遇上土匪

    过了几天,江月浓又被叫到了李玄仁的院子里。她已经和李玄仁、燕怀弈请辞,调往南方,但因事务繁杂不好交接,燕怀弈让她再多留一个月。而据李玄仁说,夫人赵纤歌一直想再见见她,便只好前往。

    一入府门,赵纤歌便热情接待了她们:“上次我还想和江校尉说几句话,不料第二天早上,江校尉就离开了。”

    “上次有要事在身,没来得及向夫人辞行,是月浓之过。”

    “那这次江校尉务必多住几日。”领着江月浓进了房间,“我初到这个地方,还有很多不习惯的地方,想问你能不能帮帮我呢。”

    “夫人有什么需要,直说便是。西北苦寒,我带了几个手炉过来,不知夫人是不是用得到。

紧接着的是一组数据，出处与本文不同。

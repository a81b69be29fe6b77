-- ===== src/Fat/Find.antt =====
-- kernel/fs/fat.c: dir_find and dir_alloc_slot against a search through the list of the sectors of a
-- directory.
use gnuwindows.Base.{
  ℕ, zero, suc, ◌+◌, ◌%◌, ◌^◌, ◌≤◌, ◌<◌, ◌⊎◌, inl, inr, ◌≡◌, ◌≢◌, refl, sym, ap, ◌∙◌, Bool, true,
  false, Option, none, some, List, [], ◌∷◌, ◌++◌, length, Memory, arith,
}
use gnuwindows.Fat.Disk.{
  Outcome, done, ◌>>=◌, pure, attempt, bind_done, attempt_done, Disk, Fat, read_abs,
}
use gnuwindows.Fat.Table.{is_cluster, fat_get}
use gnuwindows.Fat.Entries.{
  Entry, Scan, absent, more, hit, scan_entries, free_entry, scan_sectors, dir_find,
}
use gnuwindows.Fat.Drive.{Works, Fits, table_sector, at, sec, fat_at, read_abs_lem}
use gnuwindows.Fat.Cells.{fat_get_lem}
use gnuwindows.Fat.Stored.{IsCluster, lba_of, lba_of-le, cluster_to_lba_eq}

abbrev pub then_scan : Scan → Scan → Scan
then_scan more r = r
then_scan absent r = absent
then_scan (hit e) r = hit e

-- the first sector that ends the search
unfoldable pub scan_all : (ℕ → Memory) → List ℕ → List ℕ → Scan
scan_all view name [] = more
scan_all view name (l ∷ ls) = then_scan (scan_entries name l 16 0 (view l)) (scan_all view name ls)

abbrev pub found : Scan → Option Entry
found more = none
found absent = none
found (hit e) = some e

abbrev pub then_free : ℕ → Option ℕ → Option (ℕ × ℕ) → Option (ℕ × ℕ)
then_free l none r = r
then_free l (some i) r = some (l, i)

-- the first entry that is free
unfoldable pub free_all : (ℕ → Memory) → List ℕ → Option (ℕ × ℕ)
free_all view [] = none
free_all view (l ∷ ls) = then_free l (free_entry 16 0 (view l)) (free_all view ls)

-- the sectors of a cluster, and those of some clusters
unfoldable pub range : ℕ → ℕ → List ℕ
range zero lba = []
range (suc n) lba = lba ∷ range n (lba + 1)

unfoldable pub sectors_of : {D : Type 0} → Fat D → List ℕ → List ℕ
sectors_of f [] = []
sectors_of f (c ∷ cs) = range f.sec_per_cluster (lba_of f c) ++ sectors_of f cs

-- the chain of a directory
pub data Dir {D : Type 0} {k : Disk D} (w : Works k) (f : Fat D) (d : D) : ℕ → List ℕ → Type 0 where
  dir_end : {c : ℕ} → is_cluster c ≡ false → Dir w f d c []
  dir_link :
      {c next : ℕ} {cs : List ℕ}
      → IsCluster f c
      → fat_at w f d c ≢ 0
      → fat_at w f d c ≡ next
      → Dir w f d next cs
      → Dir w f d c (c ∷ cs)

Scan-cases : (q : Scan) → (q ≡ more) ⊎ ((q ≡ absent) ⊎ ((e : Entry) × (q ≡ hit e)))
Scan-cases more = inl refl
Scan-cases absent = inr (inl refl)
Scan-cases (hit e) = inr (inr (e, refl))

then_scan_assoc : (a b r : Scan) → then_scan (then_scan a b) r ≡ then_scan a (then_scan b r)
then_scan_assoc more b r = refl
then_scan_assoc absent b r = refl
then_scan_assoc (hit e) b r = refl

scan_all-append :
    (view : ℕ → Memory) (name ls ms : List ℕ)
    → scan_all view name (ls ++ ms) ≡ then_scan (scan_all view name ls) (scan_all view name ms)
unfolding scan_all
scan_all-append view name [] ms = refl
scan_all-append view name (l ∷ ls) ms =
    ap (then_scan (scan_entries name l 16 0 (view l))) (scan_all-append view name ls ms)
    ∙ sym (
        then_scan_assoc (scan_entries name l 16 0 (view l)) (scan_all view name ls)
          (scan_all view name ms))

abbrev pub or_free : Option (ℕ × ℕ) → Option (ℕ × ℕ) → Option (ℕ × ℕ)
or_free none r = r
or_free (some p) r = some p

then_free_assoc :
    (l : ℕ) (a : Option ℕ) (b r : Option (ℕ × ℕ))
    → then_free l a (or_free b r) ≡ or_free (then_free l a b) r
then_free_assoc l none b r = refl
then_free_assoc l (some i) b r = refl

pub free_all-append :
    (view : ℕ → Memory) (ls ms : List ℕ)
    → free_all view (ls ++ ms) ≡ or_free (free_all view ls) (free_all view ms)
unfolding free_all
free_all-append view [] ms = refl
free_all-append view (l ∷ ls) ms =
    ap (then_free l (free_entry 16 0 (view l))) (free_all-append view ls ms)
    ∙ then_free_assoc l (free_entry 16 0 (view l)) (free_all view ls) (free_all view ms)

module _ {D : Type 0} {k : Disk D} (w : Works k) (f : Fat D) (r : Fits w f) where
  next_sector : (lba : ℕ) → lba < w.size → (lba + 1) % 2 ^ 32 ≡ lba + 1
  next_sector lba h = omega (arith, r.size_below)

  read_try :
      {A : Type 0} (lba : ℕ) (m : Bool → Fat D → Outcome (Fat D) A) (s : Memory) (d : D)
      → lba < w.size
      → (attempt (read_abs k lba) >>= m) (at w f s d) ≡ m true (at w f (sec w f d lba) d)
  read_try lba m s d h =
      bind_done (attempt (read_abs k lba)) m (at w f s d)
        (attempt_done (read_abs k lba) (at w f s d) (read_abs_lem w f lba s d h))

  abbrev after_scan : List ℕ → ℕ → ℕ → Scan → Fat D → Outcome (Fat D) Scan
  after_scan name n lba q = elim q [
    | more ↦ scan_sectors k name n ((lba + 1) % 2 ^ 32)
    | absent ↦ pure absent
    | hit e ↦ pure (hit e)
  ]

  scan_first :
      (name : List ℕ) (n lba : ℕ) (s : Memory) (d : D) (q : Scan)
      → lba < w.size
      → scan_entries name lba 16 0 (sec w f d lba) ≡ q
      → scan_sectors k name (suc n) lba (at w f s d)
        ≡ after_scan name n lba q (at w f (sec w f d lba) d)
  unfolding scan_sectors
  scan_first name n lba s d q h e =
      read_try lba _ s d h ∙ ap (λ u. after_scan name n lba u (at w f (sec w f d lba) d)) e

  scan_sectors_lem :
      (name : List ℕ) (n lba : ℕ) (s : Memory) (d : D)
      → lba + n ≤ w.size
      → (s' : Memory) × (scan_sectors k name n lba (at w f s d)
          ≡ done (scan_all (sec w f d) name (range n lba)) (at w f s' d))
  unfolding scan_sectors scan_all range
  scan_sectors_lem name zero lba s d h = (s, refl)
  scan_sectors_lem name (suc n) lba s d h =
      let m = sec w f d lba in
      let (s', rest) = scan_sectors_lem name n (lba + 1) m d (omega arith) in
      elim (Scan-cases (scan_entries name lba 16 0 m)) [
        | inl e ↦ (
          s',
          scan_first name n lba s d more (omega arith) e
              ∙ rw (next_sector lba (omega arith)) rest
              ∙ ap
                  (λ q.
                    done (then_scan q (scan_all (sec w f d) name (range n (lba + 1))))
                      (at w f s' d))
                  (sym e),
        )
        | inr (inl e) ↦ (m, scan_first name n lba s d absent (omega arith) e ∙ rw e refl)
        | inr (inr (x, e)) ↦ (m, scan_first name n lba s d (hit x) (omega arith) e ∙ rw e refl)
      ]

  is_cluster_of : (c : ℕ) → IsCluster f c → is_cluster c ≡ true
  is_cluster_of c h = ground (arith, r.few_clusters, h.two_le, h.c-lt)

  abbrev after_cluster : List ℕ → ℕ → ℕ → Scan → Fat D → Outcome (Fat D) (Option Entry)
  after_cluster name n c q = elim q [
    | absent ↦ pure none
    | hit e ↦ pure (some e)
    | more ↦ fat_get k c >>= λ next. dir_find k n next name
  ]

  scan_cluster :
      (name : List ℕ) (n c : ℕ) (s s1 : Memory) (d : D) (q : Scan)
      → IsCluster f c
      → scan_sectors k name f.sec_per_cluster (lba_of f c) (at w f s d) ≡ done q (at w f s1 d)
      → dir_find k (suc n) c name (at w f s d) ≡ after_cluster name n c q (at w f s1 d)
  unfolding dir_find
  scan_cluster name n c s s1 d q h e =
      rw (is_cluster_of c h, dir_find, cluster_to_lba_eq w f r c s d h)
        (bind_done (scan_sectors k name f.sec_per_cluster (lba_of f c)) _ (at w f s d) e)

  find_none :
      (n c : ℕ) (name : List ℕ) (s : Memory) (d : D)
      → is_cluster c ≡ false
      → dir_find k (suc n) c name (at w f s d) ≡ done none (at w f s d)
  unfolding dir_find
  find_none n c name s d e = rw (e, dir_find) refl

  both :
      (name ls ms : List ℕ) (q : Scan) (s : Memory) (d : D)
      → scan_all (sec w f d) name ls ≡ q
      → done (found (then_scan q (scan_all (sec w f d) name ms))) (at w f s d)
        ≡ done (found (scan_all (sec w f d) name (ls ++ ms))) (at w f s d)
  both name ls ms q s d e =
      ap (λ u. done (found (then_scan u (scan_all (sec w f d) name ms))) (at w f s d)) (sym e)
      ∙ ap (λ u. done (found u) (at w f s d)) (sym (scan_all-append (sec w f d) name ls ms))

  -- On a drive that works, in a directory whose chain has fewer clusters than the fuel, dir_find gives what the search through
  -- the list of its sectors gives, and leaves the drive alone.
  pub dir_find-scan_all :
      (name : List ℕ) (n c : ℕ) (cs : List ℕ) (s : Memory) (d : D)
      → length cs < n
      → Dir w f d c cs
      → (s' : Memory) × (dir_find k n c name (at w f s d)
          ≡ done (found (scan_all (sec w f d) name (sectors_of f cs))) (at w f s' d))
  unfolding sectors_of scan_all
  dir_find-scan_all name zero c cs s d en dir = absurd (omega arith)
  dir_find-scan_all name (suc n) c [] s d en (dir_end e) = (s, find_none n c name s d e)
  dir_find-scan_all name (suc n) c (c' ∷ cs) s d en (dir_link h u e dir) =
      let ls = range f.sec_per_cluster (lba_of f c) in
      let (s1, a) =
        scan_sectors_lem name f.sec_per_cluster (lba_of f c) s d (lba_of-le w f r c h) in
      let s2 = sec w f d (table_sector f c) in
      let (s3, b) = dir_find-scan_all name n (fat_at w f d c) cs s2 d (omega arith) (rw e dir) in
      elim (Scan-cases (scan_all (sec w f d) name ls)) [
        | inl q ↦ (
          s3,
          scan_cluster name n c s s1 d more h (a ∙ ap (λ u. done u (at w f s1 d)) q)
              ∙ bind_done (fat_get k c) _ (at w f s1 d) (fat_get_lem w f r c s1 d h.c-lt)
              ∙ b
              ∙ both name ls (sectors_of f cs) more s3 d q,
        )
        | inr (inl q) ↦ (
          s1,
          scan_cluster name n c s s1 d absent h (a ∙ ap (λ u. done u (at w f s1 d)) q)
              ∙ both name ls (sectors_of f cs) absent s1 d q,
        )
        | inr (inr (x, q)) ↦ (
          s1,
          scan_cluster name n c s s1 d (hit x) h (a ∙ ap (λ u. done u (at w f s1 d)) q)
              ∙ both name ls (sectors_of f cs) (hit x) s1 d q,
        )
      ]
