-- ===== src/Fat/Letters.antt =====
-- kernel/fs/fat.c: the bytes that to_83 makes of a name.
use gnuwindows.Base.{
  ℕ, zero, suc, ◌<◌, inl, inr, ◌≡◌, ◌≢◌, refl, ap, Bool, Bool-cases, ◌==◌, ◌||◌, List, [], ◌∷◌,
  ◌++◌, length, length-append, get_or, arith,
}
use gnuwindows.Fat.Names.{upper, is_slash, take_chars, skip_dot, to_83}

-- every element is a byte
pub data AreBytes : List ℕ → Type 0 where
  no_byte : AreBytes []
  one_byte : {c : ℕ} {p : List ℕ} → c < 256 → AreBytes p → AreBytes (c ∷ p)

AreBytes-append : (p q : List ℕ) → AreBytes p → AreBytes q → AreBytes (p ++ q)
AreBytes-append [] q hp hq = hq
AreBytes-append (c ∷ p) q (one_byte h hp) hq = one_byte h (AreBytes-append p q hp hq)

upper-lt : (c : ℕ) → c < 256 → upper c < 256
upper-lt c h = ground arith

-- A part of a name has as many bytes as it should, and what follows it is made of bytes too.
record Taken (n : ℕ) (r : List ℕ × List ℕ) : Type 0 where
  full : length r.0 ≡ n
  front : AreBytes r.0
  behind : AreBytes r.1

Taken-cons : (n c : ℕ) (r : List ℕ × List ℕ) → c < 256 → Taken n r → Taken (suc n) (c ∷ r.0, r.1)
Taken-cons n c r h t = record {
  full = ap suc t.full;
  front = one_byte h t.front;
  behind = t.behind;
}

take_chars-Taken :
    (stop : ℕ → Bool) (n : ℕ) (a : List ℕ) → AreBytes a → Taken n (take_chars stop n a)
unfolding take_chars
take_chars-Taken stop zero a h = record { full = refl; front = no_byte; behind = h }
take_chars-Taken stop (suc n) [] h =
    let t = take_chars-Taken stop n [] no_byte in
    record { full = ap suc t.full; front = one_byte (omega arith) t.front; behind = no_byte }
take_chars-Taken stop (suc n) (c ∷ a) (one_byte b h) = elim (Bool-cases (stop c)) [
  | inl e ↦
      let t = take_chars-Taken stop n [] no_byte in
      rw e record {
        full = ap suc t.full;
        front = one_byte (omega arith) t.front;
        behind = one_byte b h;
      }
  | inr e ↦
      rw e
        (Taken-cons n (upper c) (take_chars stop n a) (upper-lt c b) (take_chars-Taken stop n a h))
]

skip_dot-AreBytes : (a : List ℕ) → AreBytes a → AreBytes (skip_dot a)
skip_dot-AreBytes [] h = h
skip_dot-AreBytes (c ∷ a) (one_byte b h) = elim (Bool-cases (c == b'.')) [
  | inl e ↦ rw e h
  | inr e ↦ rw e (one_byte b h)
]

module _ (a : List ℕ) (h : AreBytes a) where
  stem : List ℕ × List ℕ
  stem = take_chars (λ c. c == b'.' || is_slash c) 8 a

  stem-Taken : Taken 8 stem
  unfolding stem
  stem-Taken = take_chars-Taken (λ c. c == b'.' || is_slash c) 8 a h

  extension-Taken : Taken 3 (take_chars is_slash 3 (skip_dot stem.1))
  extension-Taken =
      take_chars-Taken is_slash 3 (skip_dot stem.1) (skip_dot-AreBytes stem.1 stem-Taken.behind)

  pub length-to_83 : length (to_83 a) ≡ 11
  unfolding to_83 stem
  length-to_83 = omega (
    arith,
    length-append stem.0 (take_chars is_slash 3 (skip_dot stem.1)).0,
    stem-Taken.full,
    extension-Taken.full,
  )

  pub to_83-AreBytes : AreBytes (to_83 a)
  unfolding to_83 stem
  to_83-AreBytes =
      AreBytes-append stem.0 (take_chars is_slash 3 (skip_dot stem.1)).0 stem-Taken.front
        extension-Taken.front

-- The first byte of a name in an entry marks no free entry.
pub to_83-first :
    (c : ℕ) (a : List ℕ)
    → c ≢ 0
    → c ≢ 0xE5
    → (get_or (to_83 (c ∷ a)) 0 0 ≢ 0) × (get_or (to_83 (c ∷ a)) 0 0 ≢ 0xE5)
unfolding to_83 take_chars
to_83-first c a h h' = elim (Bool-cases (c == b'.' || is_slash c)) [
  | inl e ↦ rw e ((λ z. absurd (omega (arith, z))), (λ z. absurd (omega (arith, z))))
  | inr e ↦ rw e ((λ z. ground arith), (λ z. ground arith))
]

”说着,江月浓搬进了自己带回来的东西,“还有,我上次猎得了一张狼皮,就拿到街对面的一家裁缝铺子,嘱咐他们作了一件袄子,夫人看看可还喜欢,合不合身。”

    赵纤歌欢快地接过那件衣服,狼毫柔软,皮质细腻,针脚缝得整整齐齐。“我试试衣服,江校尉帮我看看。”赵纤歌本来穿得是单衣,便直接套在了身上,走到镜子前伸伸胳膊,又回过头问江月浓,“好看吗?”

    “夫人天生丽质,自然是好看的。”

    “哎呦,你干嘛也学他们,说这些哄人的话。”说着,她又转了个圈,“不过我也觉得挺好看的,大小很合适的,穿着也舒服,我还没穿过这种款式的衣服呢。”

    江月浓笑笑:“夫人喜欢就好。”

    “我很喜欢,你不知道,我都冷死了,在长安从来没这么冷过,这几天一直待在屋里的炭火旁,都不敢出门,你的衣服和手炉送来的正好。对了,我还没有去过这里的街上,你什么时候可以陪我去外面看看吗?”

    “我这几天告假,夫人想去的话,随时都可以。”

    “那我们现在便去吧,我这就穿你送我的新衣出去。”赵纤歌说完,又去桌案下的抽屉里拿出几件耳环手镯待在身上。自己穿戴完毕,又捧着首饰盒子到江月浓的身旁,“你今天既然不用去军营,身上一点首饰都没有,那看看我这里的,可有喜欢的?”

    “额,多谢夫人的好意,我不用了。”

    赵纤歌似乎并没有听她在说什么,自顾自地拿出几件,在江月浓身上比划,又摇摇头放回去:“你穿的也太素了,的确是不好搭配。”她又翻了几下,找出一个挂着红绳子的玉佩,径自给江月浓戴在脖子上,“这个是我以前求的,可以保平安的,你们这些打打杀杀的,正好戴这个。”

    江月浓看看脖子上的玉佩:“如此,便多谢夫人了。”

    “你叫我‘纤歌’吧。”赵纤歌说着,便拉着她跑了出去。

    江月浓也很久都没在街上闲逛了,每次都是骑马匆匆而过,现在和赵纤歌走在一起,像带了一只叽叽喳喳的百灵鸟,又像一轮闪着明媚光彩的小太阳。

    江月浓简单介绍了这里的风土民情,赵纤歌四处找寻各种新奇的东西,到傍晚时分,两人满载而归。

    回去的路上,江月浓想了想,开口像赵纤歌道:“你知道,灵儿是我和将军的孩子。”

    “我知道啊,我在嫁过来之前,母亲便告诉了我,夫君也和我说过。”

    “希望你不要介意。”

    “当然啦,母亲说,我以后是嫡母,哪怕不是亲生子,也要照顾好夫君的每一个孩子的。”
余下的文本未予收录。